Why did the Nobel Committee Award the Peace Prize to Liberian President Ellen Johnson Sirleaf one week before the Presidential election?
By Jack Hamilton, 7 Oct, 2011
Today’s award of the Nobel Peace Prize to Liberian President Ellen Johnson Sirleaf has stirred controversy. The ‘Iron Lady’ said this morning that she is humbled by the award and has stated that it is an award for the people of Liberia. However, the timing of the award, coming one week before the Presidential elections in Liberia, has brought forth claims of the Norwegian-based Nobel Committee interfering in the internal politics of the West African state.
President Sirleaf’s main rival in next weeks’ election, Winston Tubman, has lambasted the decision of the Nobel Committee instead declaring that “She brought war here, she is a warmonger” to the BBC Voice on Africa programme.
Such vitriol is nothing new to the first elected female leader in Africa having risen to prominence in 2005 following a civil war that left a quarter of a million people dead and the Liberian economy in tatters. This is not the issue. Rather it is the question of the timing of the award in such close proximity to the election.
Nobel Committee Chairman Thorbjoern Jagland has told reporters today that the committee does not consider domestic politics in its selection process and the spokesperson for the Liberian National Election Commission, Nathan Mulbah, has already stated that the election will go ahead as planned on October 11, four days from the award of the Nobel Peace Prize.
Peace by ‘Peace’
The Nobel Committee is no stranger to controversial timing. Awarding the prize to Barack Obama was seen by many as an over-zealous attempt by the organisation to garner attention by affixing itself to a popular President who had achieved little in the way of international peace at the time of the presentation (aside from the snide observation that he may have won due to the simple fact that he was not George W Bush). That has since been described as an incentive for the President to foster peace and security throughout the globe. This function of the peace prize should not be overlooked.
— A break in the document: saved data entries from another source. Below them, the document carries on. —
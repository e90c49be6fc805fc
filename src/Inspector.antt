-- ===== src/Inspector.antt =====
-- mcp_server/inspector.py: queries of Track A's database, read-only unless the caller asks for writes.
pub mod Reads
mod Tests
use dbwarden_harness.Base.{
  ℕ, nat_eq, String, ◌<>◌, Bool, true, false, not, ◌&&◌, ◌||◌, Option, none, some, List, [], ◌∷◌,
  ◌==◌, string_eq, ite, if◌then◌else◌, any,
}
use dbwarden_harness.Base.Result.{Result, ok, err, runtime_error, value_error, ◌>>=◌, ◌>>◌, guard}
use dbwarden_harness.Base.Dict
use dbwarden_harness.Base.Dict.{Dict}
use dbwarden_harness.Dumper.{Urls, Tools, dump_database_schema}
use dbwarden_harness.Workspace.{Workspace}

-- The classes of the nodes that a query is searched for: definitions, changes of data, `INTO`, locks,
-- and the rest.
pub data Node : Type 0 where
  ddl dml into lock other : Node

-- What sqlglot tells of a statement: is it a query, and the classes of the nodes of its tree.
pub record Parsed : Type 0 where
  pub is_query : Bool
  pub nodes : List Node

pub is_unsafe : Node → Bool
is_unsafe ddl = true
is_unsafe dml = true
is_unsafe into = true
is_unsafe lock = true
is_unsafe other = false

pub read_dialect : String → String
read_dialect backend =
    if backend == "postgresql"
    then "postgres"
    else if backend == "mariadb"
    then "mysql"
    else backend

-- The statement that makes the transaction read-only.
pub read_guard : String → Option String
read_guard backend =
    if backend == "sqlite"
    then some "PRAGMA query_only = ON"
    else if backend == "postgresql"
    then some "SET TRANSACTION READ ONLY"
    else if backend == "mysql" || backend == "mariadb"
    then some "START TRANSACTION READ ONLY"
    else if backend == "clickhouse"
    then some "SET readonly = 1"
    else none

pub is_one_read : List Parsed → Bool
unfolding is_unsafe
is_one_read (p ∷ []) = p.is_query && not (any is_unsafe p.nodes)
is_one_read _ = false

module _ (parse : String → String → Result (List Parsed)) where
  -- The statements that the transaction executes, in their order.
  pub query_track_a : Workspace → String → Bool → Result (List String)
  unfolding is_one_read read_guard read_dialect
  query_track_a w sql false = do
    guard (not w.frozen) (runtime_error "Cannot write to a frozen workspace")
    ok (sql ∷ [])
  query_track_a w sql true = do
    statements ← parse (read_dialect w.backend) sql
    guard (is_one_read statements)
        (value_error "read_only requires one SELECT query without writes or locks")
    elim (read_guard w.backend) [
      | none ↦ err (value_error ("Read-only queries unsupported for " <> w.backend))
      | some first ↦ ok (first ∷ sql ∷ [])
    ]

-- The dumps of both tracks, the first before the second.
pub inspect_both_schemas : Urls → Tools → Workspace → Result (String × String)
inspect_both_schemas urls tools w = do
  a ← (dump_database_schema urls tools w.track_a_url w.backend).0
  b ← (dump_database_schema urls tools w.track_b_url w.backend).0
  ok (a, b)

-- The parts of an SQLAlchemy URL that the translation touches.
pub record EngineUrl : Type 0 where
  pub drivername : String
  pub port : Option ℕ
  pub query : Dict String String

engine_port : Option ℕ → ℕ → Option ℕ
engine_port none default = some default
engine_port (some n) default = some (if n == 0 then default else n)

-- `sqlalchemy_url`, after `make_url`.
pub sqlalchemy_url : EngineUrl → EngineUrl
unfolding engine_port
sqlalchemy_url url =
    if url.drivername == "https"
    then record {
      drivername = "clickhousedb";
      port = engine_port url.port 8443;
      query = Dict.insert "secure" "true" url.query;
    }
    else if url.drivername == "http"
    then record url { drivername = "clickhousedb"; port = engine_port url.port 8123 }
    else url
In 1998 David Trimble and John Hume were awarded the Nobel Peace Prize for their roles in facilitating the Good Friday Agreement and ushering in a more peaceful era in Northern Ireland. This was by no means a solid peace deal. Similar agreements had been reached at Sunningdale in 1973 and at Hillsborough in 1985 but failed spectacularly. The prize was a recognition of the start of a process and acted as a lightning rod for the global attention at a time when atrocities in were being carried out in the Balkans and al-Qaeda had struck in Nairobi.
While the Peace Prize did not create the peace in Northern Ireland it associated the terms of ‘Northern Ireland’ and ‘peace’ at a global level which certainly acted as a catalyst to maintain some semblance of dialogue. It is difficult to ascertain the motives of the Committee with any great deal of certainty but one assume that they are attempting to bring the world together piece by piece: peace by ‘peace’.
Ballots not Bullets
This brings me back to Liberia. The elections will take place in a few days and there is no doubting that the Nobel Peace Prize has again drawn attention to an ongoing peace process. The Committee is surely aware that their award will have an impact on the election. Is it so wrong that they have chosen a woman who so clearly embodies the values the Nobel Committee stand for? Sirleaf has been instrumental in transforming Liberia from a post-conflict country to a developing one. Under her the economy has grown by 6.5%, free and compulsory primary education has been introduced, and doctors’ salaries have doubled. Furthermore, the election has so far been described by the electoral observers of the Carter Center as “peaceful” and “fair” as healthy competition remains between the two frontrunners, Sirleaf and Tubman.
The timing of the decision will be used by the opponents of Sirleaf to frame her as a puppet of foreign interests but it was not her choice. However it was Sirleaf’s actions led to her accolade and these actions will surely prove to be more influential come October 11. Neither Sirleaf nor the people of Liberia are the puppets of foreign intervention and such a claim devalues the progress that has been made in the past six years.
Today’s award is recognition of those achievements as well as an incentive to continue the difficult rebuilding process, whatever the outcome of the election. However with the objectives of the Nobel Committee being repeatedly questioned, the jury is out on the future of the prize.